#### WORK TASK:
Copy each line below that contains "abbrev".
= Beginning of Section =
-- ===== src/WanWrite/Examples.antt =====
-- Patches at concrete values.
use rustmistmcp.Prelude.{◌≡◌, ◌≢◌, refl, true, none, some, ok, arith, contains_str, eq_iff}
use rustmistmcp.Json.{null, bool, str, obj, Fields, end, field, get, insert, get_key}
use rustmistmcp.WanWrite.{
  authority_key, merge_entry, merge_patch, reject_redaction_placeholder, reject_config_authority,
}
use rustmistmcp.WanWrite.Merge.{expected, get-merge_patch}
use rustmistmcp.WanWrite.Authority.{
  authority_at, nested_null, null_removes_authority, merge_not_idempotent,
}

abbrev rename : Fields
rename = field "name" (str "edge") end

abbrev lan : Fields
lan = field "name" (str "lan") (field "vlan_id" (str "10") end)

abbrev port : Fields
port = field "port" (obj (field "mist_configured" (bool true) end)) end

rename_shows_all : reject_redaction_placeholder (obj rename) ≡ ok tt
unfolding reject_redaction_placeholder contains_str
rename_shows_all = refl

renamed :
    merge_patch (obj lan) (obj rename)
    ≡ obj (field "name" (str "edge") (field "vlan_id" (str "10") end))
unfolding merge_patch merge_entry get insert
renamed = refl

get-merge_patch_example :
    (after : Fields) × (merge_patch (obj lan) (obj rename) ≡ obj after)
    × (get "vlan_id" after ≡ expected (get "vlan_id" lan) (get "vlan_id" rename))
unfolding get
get-merge_patch_example = get-merge_patch "vlan_id" (obj lan) rename (refl, tt)

null_removes_authority_example :
    (reject_config_authority (obj (field "port" null end)) ≡ ok tt)
    × (authority_at "port" (merge_patch (obj port) (obj (field "port" null end))) ≡ none)
unfolding get
null_removes_authority_example =
    null_removes_authority "port" port (bool true) (ground (arith, eq_iff "port" authority_key))
      refl

merge_not_idempotent_example :
    (get_key "ip" (merge_patch (obj lan) (obj (nested_null "ip" "mask")))
      ≡ some (obj (field "mask" null end)))
    × (merge_patch
          (merge_patch (obj lan) (obj (nested_null "ip" "mask")))
          (obj (nested_null "ip" "mask"))
        ≢ merge_patch (obj lan) (obj (nested_null "ip" "mask")))
unfolding get
merge_not_idempotent_example = merge_not_idempotent "ip" "mask" lan refl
= End of Section =
#### ANSWER SECTION:
abbrev rename : Fields
abbrev lan : Fields
abbrev port : Fields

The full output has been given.